No feminino, a formação com Elisa Confortola, Chiara Betti, Arianna Sighele e Arianna Fontana terminou a semifinal em segundo lugar, com o tempo de 4’06″550, atrás da Holanda liderada pelas irmãs Velzeboer (4’06″299). O resultado garante às italianas uma vaga na final do revezamento, marcada para quarta-feira, 18 de fevereiro. Mais que um avanço competitivo, trata-se de um sinal de continuidade: o revezamento feminino italiano volta a ocupar espaço em uma prova que exige coordenação, profundidade de elenco e nervos de aço — atributos que o país cultiva historicamente em modalidades coletivas menores.
Na prova individual, o dia teve desdobramentos menos felizes. Nos 1500 metros, os homens não chegaram à última fase. Pietro Sighel caiu nos quartos de final após um contato com o patinador ucraniano Handei. Já nas semifinais, Thomas Nadalini e Luca Spechenhauser foram eliminados. Nadalini ainda sofreu desclassificação: segundo os juízes, sua trajetória teria prejudicado o canadense Dubois, que foi depois admitido de ofício na Final A. Esses episódios evidenciam a margem tênue entre agressividade técnica e penalização — uma fronteira que define carreiras e memórias olímpicas.
Ainda no feminino, Arianna Fontana avançou aos quartos de final dos 1000 metros ao vencer sua bateria em 1’30″638. Fontana, que soma uma trajetória compatível com a grandeza do esporte italiano, igualou nesta edição o recorde de medalhas olímpicas (13) do esgrimista Edoardo Mangiarotti.

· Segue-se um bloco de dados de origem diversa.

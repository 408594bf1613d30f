-- ===== src/Managed/Configure.antt =====
-- The class-level state of ManagedRateLimiterMixin (src/redis_rate_limiter/core/managed.py): the client and
-- the backend's context, with the hooks by which each backend (backends/*/limiter.py) keeps its context.
-- Objects are numbered.
use redis_rate_limiter.Prelude.{
  ℕ, ◌≡◌, Bool, true, false, not, ◌||◌, Option, none, some, List, [], ◌∷◌, ◌++◌, ◌==◌,
  if◌then◌else◌, is_some, arith,
}
use redis_rate_limiter.Prelude.Text.{Text, codes, same}
use redis_rate_limiter.Limiter.{Limiter}

-- What a class keeps. `own_context` is `none` where the class has no such attribute of its own, and
-- Python finds its parent's.
pub record ClassState : Type 0 where
  pub sentinel : ℕ
  pub redis_client : Option ℕ
  pub own_context : Option (Option ℕ)
  pub instances : List (Text × Limiter)

-- __init_subclass__, for a class whose body sets no context
unfoldable pub init_subclass : ℕ → ClassState
init_subclass sentinel = record {
  sentinel = sentinel;
  redis_client = none;
  own_context = none;
  instances = [];
}

-- backend_context.get(keyword)
unfoldable pub keyword_of : Text → List (Text × ℕ) → Option ℕ
keyword_of key [] = none
keyword_of key ((name, value) ∷ rest) = if same key name then some value else keyword_of key rest

-- A call that returns, or raises RuntimeError with a text.
pub data Called : Type 0 where
  returned : Called
  runtime_error : Text → Called

-- The text of the RuntimeErrors about a class that is not configured.
unfoldable pub not_configured_text : Text → Text
not_configured_text hint = hint ++ codes " must be called before create() or get()."

-- The class's own attribute, or its parent's.
abbrev pub context_of : Option ℕ → ClassState → Option ℕ
context_of inherited s = elim s.own_context [ none ↦ inherited | some context ↦ context ]

-- The class methods of a backend; `inherited` is the context of the parent class.
pub record Hooks : Type 0 where
  pub configure_backend : List (Text × ℕ) → ClassState → ClassState × Called
  pub has_backend_context : Option ℕ → ClassState → Bool
  pub reset_backend_context : ClassState → ClassState
  pub configure_hint : Text

-- The hooks of a class that keeps the keyword argument `key`.
unfoldable pub keyed : Text → Text → Hooks
unfolding keyword_of not_configured_text
keyed key hint = record {
  configure_backend = λ kwargs s. elim (keyword_of key kwargs) [
    | none ↦ (s, runtime_error (not_configured_text hint))
    | some context ↦ (record s { own_context = some (some context) }, returned)
  ];
  has_backend_context = λ inherited s. is_some (context_of inherited s);
  reset_backend_context = λ s. record s { own_context = some none };
  configure_hint = hint;
}

abbrev pub celery_hooks : Hooks
celery_hooks =
    keyed (codes "celery_app") (codes "CeleryRateLimiter.configure(redis_client, celery_app)")

abbrev pub rq_hooks : Hooks
rq_hooks = keyed (codes "queue") (codes "RQRateLimiter.configure(redis_client, queue=queue)")

-- Its `_configure_backend` also calls register_worker.
abbrev pub huey_hooks : Hooks
huey_hooks =
    keyed (codes "huey") (codes "HueyRateLimiter.configure(redis_client, huey=huey_instance)")

-- Its `_configure_backend` also calls dramatiq.set_broker.
abbrev pub dramatiq_hooks : Hooks
dramatiq_hooks =
    keyed (codes "broker") (codes "DramatiqRateLimiter.configure(redis_client, broker=broker)")

abbrev pub thread_hooks : Hooks
thread_hooks =
    keyed (codes "executor")
      (codes "ThreadPoolRateLimiter.configure(redis_client, executor=executor)")

abbrev pub process_hooks : Hooks
process_hooks =
    keyed (codes "executor")
      (codes "ProcessPoolRateLimiter.configure(redis_client, executor=executor)")

abbrev pub asyncio_hooks : Hooks
asyncio_hooks =
    keyed (codes "max_tasks") (codes "AsyncIOTaskLimiter.configure(redis_client, max_tasks=N)")

unfoldable pub asgi_hooks : Hooks
asgi_hooks = record {
  configure_backend = λ kwargs s. (s, returned);
  has_backend_context = λ inherited s. true;
  reset_backend_context = λ s. s;
  configure_hint = codes "ASGIRateLimiter.configure(redis_client)";
}

module _ (hooks : Hooks) where
  -- configure(redis_client, **backend_context)
  unfoldable pub configure : ℕ → List (Text × ℕ) → ClassState → ClassState × Called
  configure client kwargs s =
      hooks.configure_backend kwargs (record s { redis_client = some client })

  -- _require_configured
  unfoldable pub require_configured : Option ℕ → ClassState → Called
  unfolding not_configured_text
  require_configured inherited s =
      if not (is_some s.redis_client) || not (hooks.has_backend_context inherited s)
      then runtime_error (not_configured_text hooks.configure_hint)
      else returned

  -- _reset
  unfoldable pub reset : ClassState → ClassState
  reset s = hooks.reset_backend_context (record s { instances = []; redis_client = none })

-- _require_internal_construction: whether the constructor goes on, with this `_sentinel`
unfoldable pub is_internal : Option ℕ → ClassState → Bool
is_internal none s = false
is_internal (some sentinel) s = sentinel == s.sentinel

-- A class with a keyword argument of its own. With the argument, `configure` returns, and the class
-- has the new client and the new context. Without it, it raises what _require_configured raises; but the
-- client is the new one, the context is the old one or the parent's, and where there is one, create and
-- get are not refused. In both cases the cached instances stay.
pub configure_lem :
    (key hint : Text) (inherited : Option ℕ) (client : ℕ) (kwargs : List (Text × ℕ))
    (s : ClassState)
    → let hooks = keyed key hint in
      let (after, called) = configure hooks client kwargs s in
      (after.redis_client ≡ some client)
      × (after.instances ≡ s.instances)
      × (context_of inherited after ≡ elim (keyword_of key kwargs) [
        | none ↦ context_of inherited s
        | some context ↦ some context
      ])
      × (called ≡ elim (keyword_of key kwargs) [
        | none ↦ require_configured hooks none (init_subclass s.sentinel)
        | some context ↦ returned
      ])
      × (require_configured hooks inherited after ≡ (
          if is_some (keyword_of key kwargs) || is_some (context_of inherited s)
          then returned
          else require_configured hooks none (init_subclass s.sentinel)))
unfolding configure require_configured keyed init_subclass
configure_lem key hint inherited client kwargs s =
    (ground arith, ground arith, ground arith, ground arith, ground arith)
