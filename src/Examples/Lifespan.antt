-- ===== src/Examples/Lifespan.antt =====
-- Threads and tasks at their end, and a class that is configured anew.
use redis_rate_limiter.Prelude.{ℕ, ◌+◌, ◌≤◌, ◌≡◌, true, none, some, List, [], ◌∷◌, length}
use redis_rate_limiter.Prelude.Text.{Text, codes}
use redis_rate_limiter.Loop
use redis_rate_limiter.Loop.{Loop, Event, watching, stopped, wakes, shuts_down, advances}
use redis_rate_limiter.Loop.Shutdown.{run-shutdown}
use redis_rate_limiter.Subscriber.{is_foreign, message, text}
use redis_rate_limiter.Lifespan.{
  Background, start_background, Happening, loop_steps, listener_steps, schedules, closes, the_loop,
  the_listener, the_monitor, occur_all,
}
use redis_rate_limiter.Lifespan.Quiet.{drains_of, heard_by, checks_of, close-quiet}
use redis_rate_limiter.Backends.Tasks.{
  TaskEvent, dispatches, starts, new_tasks, task_events, shutdown_tasks, unstarted_ids,
}
use redis_rate_limiter.Backends.Tasks.Accounts.{count, dispatched, shutdown_tasks-accounts}
use redis_rate_limiter.Managed.Configure.{
  ClassState, returned, keyed, configure, keyword_of, context_of, require_configured, init_subclass,
  configure_lem,
}

-- A loop in its watchdog's wait.
abbrev resting : Loop
resting = record {
  next_wake = none;
  shutdown = Loop.idle_loop.shutdown;
  thread = watching;
  drains = 4;
}

abbrev late_events : List Event
late_events = advances 10 ∷ wakes 11 0 ∷ advances 12 ∷ []

run-shutdown_example :
    let closed = Loop.run (shuts_down ∷ late_events) resting in
    (closed.drains ≤ 5)
    × ((a b c : ℕ) → (Loop.run (advances a ∷ advances b ∷ advances c ∷ []) closed).thread ≡ stopped)
    × (resting.thread ≡ watching
        → resting.next_wake ≡ none
        → (now : ℕ) → (Loop.run (shuts_down ∷ advances now ∷ []) resting).drains ≡ 5)
run-shutdown_example = run-shutdown late_events resting

-- A limiter whose class checks its backend.
abbrev live : Background
live = start_background true true

abbrev after_events : List Happening
after_events = schedules 5 0 ∷ listener_steps 6 (message (text (codes "w2"))) ∷ loop_steps 7 ∷ []

close-quiet_example :
    (drains_of
        (occur_all (is_foreign (codes "w1")) (closes the_loop ∷ after_events) live).drain_loop
      ≤ 1)
    × (heard_by
          (occur_all (is_foreign (codes "w1")) (closes the_listener ∷ after_events) live).subscriber
        ≤ 1)
    × (checks_of
          (occur_all (is_foreign (codes "w1")) (closes the_monitor ∷ after_events) live).monitor
        ≤ 0)
unfolding start_background
close-quiet_example = close-quiet (is_foreign (codes "w1")) after_events live

-- Two tasks, of which the first begins.
abbrev two_tasks : List TaskEvent
two_tasks = dispatches (codes "a") ∷ dispatches (codes "b") ∷ starts 0 ∷ []

shutdown_tasks-accounts_example :
    let p = task_events two_tasks (new_tasks 2) in
    let after = shutdown_tasks p in
    (p.active_count ≡ length p.active_tasks)
    × (after.active_count ≡ 0)
    × (after.active_tasks ≡ [])
    × ((t : Text)
        → count t after.released + count t (unstarted_ids p.active_tasks)
          ≡ count t (dispatched two_tasks))
shutdown_tasks-accounts_example = shutdown_tasks-accounts 2 two_tasks

-- A class with a client and an executor.
abbrev ready_class : ClassState
ready_class = record {
  sentinel = 1;
  redis_client = some 10;
  own_context = some (some 20);
  instances = [];
}

-- It is configured with another client, and without an executor.
configure_lem_example :
    let hooks = keyed (codes "executor") (codes "hint") in
    let (after, called) = configure hooks 11 [] ready_class in
    (after.redis_client ≡ some 11)
    × (after.instances ≡ [])
    × (context_of none after ≡ some 20)
    × (called ≡ require_configured hooks none (init_subclass 1))
    × (require_configured hooks none after ≡ returned)
unfolding keyword_of
configure_lem_example = configure_lem (codes "executor") (codes "hint") none 11 [] ready_class
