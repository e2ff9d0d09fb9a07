-- ===== src/Tools/Guarantees.antt =====
-- What a lifecycle of core/tools/executor.py gives: the audit of a result, the permission of a run, and
-- the order of audit, commit and rollback.
use synapse_os.Base.{
  ℕ, Bool, true, false, List, [], ◌∷◌, ◌++◌, Option, none, some, String, length, any, str_eq,
  Result, ok, err, ◌≡◌, refl, sym, ap, ◌∙◌, subst, if◌then◌else◌,
}
use synapse_os.Runtime.Types.{ToolErrorCode, ToolResultStatus}
use synapse_os.Permissions.Types.{PermissionRequest, PermissionDecision}
use synapse_os.Permissions.Policy.{PermissionError}
use synapse_os.Tools.Types.{
  ToolAuditOutcome, ToolExecutionContext, ToolAuditStart, ToolAuditFinish, Fields, ToolResult,
  ToolReply, Tool,
}
use synapse_os.Tools.Registry.{get}
use synapse_os.Tools.Executor.{
  Toolbox, audit_start, permission_request, is_allowed, is_truncated, success_finish,
  succeeded_result, execute_tool, OutputSize, CheckedOutput,
}
use synapse_os.Tools.Traced.{
  ToolEvent, begun, evaluated, executed, paused, finished, committed, rolled_back, World,
  traced_box,
}
use synapse_os.Tools.Lifecycle.{
  Outcome, Reported, Undone, Unaudited, Completed, Failed, Interrupted, BadOutput, Delivered, Ran,
  Answered, Opened, Lifecycle,
}
use synapse_os.Tools.Protocol.{execute_tool-Lifecycle}

-- The audits that end a call, with whether the recorder took them.
abbrev pub audits : List ToolEvent → List (ToolAuditOutcome × Bool)
audits [] = []
audits (e ∷ rest) =
    let later = audits rest in elim e [ finished id f b ↦ (f.outcome, b) ∷ later | _ ↦ later ]

abbrev pub audit_outcome : ToolResultStatus → ToolAuditOutcome
audit_outcome ToolResultStatus.succeeded = ToolAuditOutcome.succeeded
audit_outcome ToolResultStatus.failed = ToolAuditOutcome.failed
audit_outcome ToolResultStatus.denied = ToolAuditOutcome.denied
audit_outcome ToolResultStatus.timed_out = ToolAuditOutcome.timed_out

-- If a result is returned, its status is what was audited, once, and the recorder took it.
abbrev Told : Outcome → List (ToolAuditOutcome × Bool) → Type 0
Told (ok result) told = told ≡ (audit_outcome result.status, true) ∷ []
Told (err e) told = Unit {0}

abbrev pub is_run : ToolEvent → Bool
is_run (executed name) = true
is_run _ = false

-- How far a call has come: nothing is settled, the recorder has taken its success, what it has done
-- is rolled back, or it has ended.
pub data Phase : Type 0 where
  fresh kept reverted ended : Phase

abbrev pub is_success : ToolAuditFinish → Bool
is_success f = elim f.outcome [ ToolAuditOutcome.succeeded ↦ true | _ ↦ false ]

-- The phase after an event, or nothing where the event must not happen.
abbrev pub after_event : Phase → ToolEvent → Option Phase
after_event Phase.fresh (finished id f false) = some Phase.fresh
after_event Phase.fresh (finished id f true) =
    some (if is_success f then Phase.kept else Phase.ended)
after_event Phase.fresh (rolled_back b) = some Phase.reverted
after_event Phase.kept (committed b) = some Phase.ended
after_event Phase.reverted (finished id f b) = if is_success f then none else some Phase.ended
after_event phase (finished id f b) = none
after_event phase (committed b) = none
after_event phase (rolled_back b) = none
after_event phase (begun start id) = some phase
after_event phase (evaluated q a) = some phase
after_event phase (executed name) = some phase
after_event phase (paused b) = some phase

abbrev pub is_orderly : Phase → List ToolEvent → Bool
is_orderly phase [] = true
is_orderly phase (e ∷ rest) = elim (after_event phase e) [
  | none ↦ false
  | some next ↦ is_orderly next rest
]

-- What holds of every part of a call that comes after the run.
record Good (r : Outcome) (l : List ToolEvent) : Type 0 where
  audited : Told r (audits l)
  quiet : any is_run l ≡ false
  orderly : is_orderly Phase.fresh l ≡ true

Failed-Good :
    {id : ℕ} {name : String} (status : ToolResultStatus) {code : ToolErrorCode} {r : Outcome}
    {l : List ToolEvent}
    → Failed id name status (audit_outcome status) code r l
    → Good r l
Failed-Good ToolResultStatus.succeeded Reported.told = record {
  audited = refl;
  quiet = refl;
  orderly = refl;
}
Failed-Good ToolResultStatus.failed Reported.told = record {
  audited = refl;
  quiet = refl;
  orderly = refl;
}
Failed-Good ToolResultStatus.denied Reported.told = record {
  audited = refl;
  quiet = refl;
  orderly = refl;
}
Failed-Good ToolResultStatus.timed_out Reported.told = record {
  audited = refl;
  quiet = refl;
  orderly = refl;
}
Failed-Good status Reported.untold = record { audited = tt; quiet = refl; orderly = refl }
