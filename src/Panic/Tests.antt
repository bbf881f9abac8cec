-- ===== src/Panic/Tests.antt =====
-- A page fault of a program in user mode.
use doomkernel.Prelude.{◌+◌, ◌*◌, ◌^◌, ◌≡◌, some, ◌++◌, codes, replicate, arith}
use doomkernel.Terminal.{Terminal}
use doomkernel.Frame.{Frame, zero_frame}
use doomkernel.Printf.Rounds.{shown}
use doomkernel.Panic.{panic}
use doomkernel.Panic.Report.{joined, head_lines, frame_lines, AreWords, panic_lem}

abbrev fault : Frame
fault = record zero_frame { int_no = 14; cs = 0x23; ss = 0x1B; rip = 0x400010; rsp = 0x7FFFF0 }

abbrev screen : Terminal
screen = record {
  cursor_x = 0;
  cursor_y = 0;
  terminal_color = 15;
  terminal_buffer = replicate 2000 0;
}

fault-AreWords : AreWords fault
fault-AreWords = record {
  int_no = omega arith;
  err_code = omega arith;
  rip = omega arith;
  cs = omega arith;
  rflags = omega arith;
  rsp = omega arith;
  ss = omega arith;
}

panic_lem_example :
    panic 0 0xDEAD (codes "Page Fault") (some fault) (codes "isr.c") 38 screen
    ≡ some (
        shown screen (
          joined (head_lines (codes "Page Fault") (codes "isr.c") (38 + 2 ^ 32 * 0))
          ++ joined (frame_lines 0xDEAD (some fault))))
panic_lem_example =
    panic_lem 0 0xDEAD (codes "Page Fault") fault (codes "isr.c") 38 screen (omega arith)
      (omega arith) (omega arith) (omega arith) fault-AreWords
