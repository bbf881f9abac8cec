-- ===== src/Printf/Tests.antt =====
-- Printing at concrete inputs.
use doomkernel.Prelude.{
  ℕ, ◌+◌, ◌-◌, ◌%◌, ◌^◌, ◌≤◌, ◌≡◌, refl, false, some, List, [], ◌∷◌, map, length, replicate,
  length-replicate, arith,
}
use doomkernel.Prelude.Int.{pos}
use doomkernel.Terminal.{Terminal, terminal_init}
use doomkernel.Terminal.Sheet.{blank_sheet, type_text, Shows, terminal_init_lem}
use doomkernel.Printf.Number.{hex_loop, hex_text, digit_loop, magnitude, decimal_text}
use doomkernel.Printf.Hex.{read_hex, read-hex_text}
use doomkernel.Printf.Decimal.{signed, read_decimal, read-decimal_text}
use doomkernel.Printf.Render.{printf_convert, render}
use doomkernel.Printf.Equivalence.{printf-Shows}
use doomkernel.Printf.{Arg, word, returned, printf}

abbrev fresh : Terminal
fresh = record {
  cursor_x = 0;
  cursor_y = 0;
  terminal_color = 0;
  terminal_buffer = replicate 2000 0;
}

-- "n=%d %%%x"
abbrev format : List ℕ
format = b'n' ∷ b'=' ∷ b'%' ∷ b'd' ∷ b' ' ∷ b'%' ∷ b'%' ∷ b'%' ∷ b'x' ∷ []

abbrev args : List Arg
args = word (2 ^ 64 - 42) ∷ word 0xB05 ∷ []

-- "n=-42 %0xB05"
abbrev out : List ℕ
out = b'n' ∷ b'=' ∷ b'-' ∷ b'4' ∷ b'2' ∷ b' ' ∷ b'%' ∷ b'0' ∷ b'x' ∷ b'B' ∷ b'0' ∷ b'5' ∷ []

rendered : render printf_convert false format args ≡ some out
unfolding render hex_text hex_loop decimal_text digit_loop magnitude
rendered = refl

-- The lowest 64-bit number is its own negation, so that no digit is printed.
lowest : decimal_text (2 ^ 63) ≡ b'-' ∷ []
unfolding decimal_text digit_loop magnitude
lowest = refl

zero_text : decimal_text 0 ≡ b'0' ∷ []
unfolding decimal_text digit_loop magnitude
zero_text = refl

printf-Shows_example :
    (t' : Terminal) × (printf (terminal_init fresh) format args ≡ some (returned t' (pos 12)))
    × Shows t'
        (type_text (terminal_init fresh).terminal_color (blank_sheet 15) (map (λ c. c % 256) out))
printf-Shows_example =
    printf-Shows format args out (terminal_init_lem fresh (length-replicate {A = ℕ} 2000 0)).0
      rendered (omega arith)

read-hex_text_example : (read_hex (hex_text 0xB05) ≡ 0xB05) × (length (hex_text 0xB05) + 1 ≤ 19)
read-hex_text_example = read-hex_text 0xB05 (omega arith)

read-decimal_text_example :
    (read_decimal (decimal_text (2 ^ 64 - 42)) ≡ signed (2 ^ 64 - 42))
    × (length (decimal_text (2 ^ 64 - 42)) + 1 ≤ 21)
read-decimal_text_example =
    read-decimal_text (2 ^ 64 - 42) (omega arith) (λ e. absurd (omega (arith, e)))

A coincidência não é apenas estatística: lembra-nos que a produção de lendas vem de processos longos, de clubes, famílias e de uma cultura esportiva que transforma atletas em símbolos coletivos.
Em outro polo de inverno, mas indissociável no mosaico olímpico italiano, a fundista Martina Di Centa anunciou que se aposentará do alto nível ao término da temporada. Aos 25 anos, natural de Tolmezzo, Di Centa integrou a equipe que terminou em sexto lugar no revezamento 4×7,5 km. Filha de Giorgio Di Centa, campeão olímpico em Turim 2006, e sobrinha de Manuela Di Centa, ela encerra uma trajetória marcada por herança familiar e escolhas pessoais: comunicou sua decisão antes dos Jogos à família, ao Centro Sportivo Carabinieri e à federação, e prometer revelar em breve os motivos que a levaram ao corte final da sua carreira.
O balanço do dia é, portanto, ambivalente. Há energia e sinais de renovação no short track feminino, ao mesmo tempo em que as quedas, desclassificações e despedidas lembram a dureza do contexto esportivo moderno. Para a Itália, são resultados que pesam tanto no quadro de medalhas quanto na narrativa coletiva: cada avanço e cada perda reconfiguram as memórias que o país guardará desta edição olímpica.